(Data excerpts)
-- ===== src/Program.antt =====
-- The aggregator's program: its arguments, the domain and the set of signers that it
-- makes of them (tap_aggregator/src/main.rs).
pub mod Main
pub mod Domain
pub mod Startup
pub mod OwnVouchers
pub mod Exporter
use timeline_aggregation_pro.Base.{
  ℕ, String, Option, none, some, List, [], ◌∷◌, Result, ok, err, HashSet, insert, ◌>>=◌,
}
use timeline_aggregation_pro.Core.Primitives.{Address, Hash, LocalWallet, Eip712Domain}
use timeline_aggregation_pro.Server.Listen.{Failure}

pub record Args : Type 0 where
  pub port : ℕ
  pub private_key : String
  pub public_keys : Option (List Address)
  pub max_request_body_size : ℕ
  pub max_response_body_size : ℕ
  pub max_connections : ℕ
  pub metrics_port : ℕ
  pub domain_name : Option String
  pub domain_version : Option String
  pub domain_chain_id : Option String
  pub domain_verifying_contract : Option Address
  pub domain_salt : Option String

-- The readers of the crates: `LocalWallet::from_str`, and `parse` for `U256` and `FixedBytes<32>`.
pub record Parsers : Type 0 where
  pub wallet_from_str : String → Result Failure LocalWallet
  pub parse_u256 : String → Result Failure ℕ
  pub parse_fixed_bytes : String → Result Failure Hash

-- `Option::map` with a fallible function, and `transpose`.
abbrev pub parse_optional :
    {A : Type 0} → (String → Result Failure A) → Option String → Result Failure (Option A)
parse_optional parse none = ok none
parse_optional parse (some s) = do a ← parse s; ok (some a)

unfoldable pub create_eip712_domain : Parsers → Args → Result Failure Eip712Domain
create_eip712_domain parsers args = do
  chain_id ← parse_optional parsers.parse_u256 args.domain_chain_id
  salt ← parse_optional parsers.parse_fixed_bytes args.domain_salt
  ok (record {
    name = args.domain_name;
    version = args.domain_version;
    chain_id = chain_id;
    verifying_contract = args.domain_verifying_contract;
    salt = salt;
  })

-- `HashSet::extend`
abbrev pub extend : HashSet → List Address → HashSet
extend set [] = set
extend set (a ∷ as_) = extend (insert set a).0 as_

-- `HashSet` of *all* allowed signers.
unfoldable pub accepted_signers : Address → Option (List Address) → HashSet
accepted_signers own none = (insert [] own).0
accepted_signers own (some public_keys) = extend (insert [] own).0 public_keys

Exercise instructions »
What you return must be the lines above that run from the line with "pub public_keys : Option (List Address)" to the line with "abbrev pub parse_optional", inclusive, each copied exactly.

Exercise answer »
  pub public_keys : Option (List Address)
  pub max_request_body_size : ℕ
  pub max_response_body_size : ℕ
  pub max_connections : ℕ
  pub metrics_port : ℕ
  pub domain_name : Option String
  pub domain_version : Option String
  pub domain_chain_id : Option String
  pub domain_verifying_contract : Option Address
  pub domain_salt : Option String

-- The readers of the crates: `LocalWallet::from_str`, and `parse` for `U256` and `FixedBytes<32>`.
pub record Parsers : Type 0 where
  pub wallet_from_str : String → Result Failure LocalWallet
  pub parse_u256 : String → Result Failure ℕ
  pub parse_fixed_bytes : String → Result Failure Hash

-- `Option::map` with a fallible function, and `transpose`.
abbrev pub parse_optional :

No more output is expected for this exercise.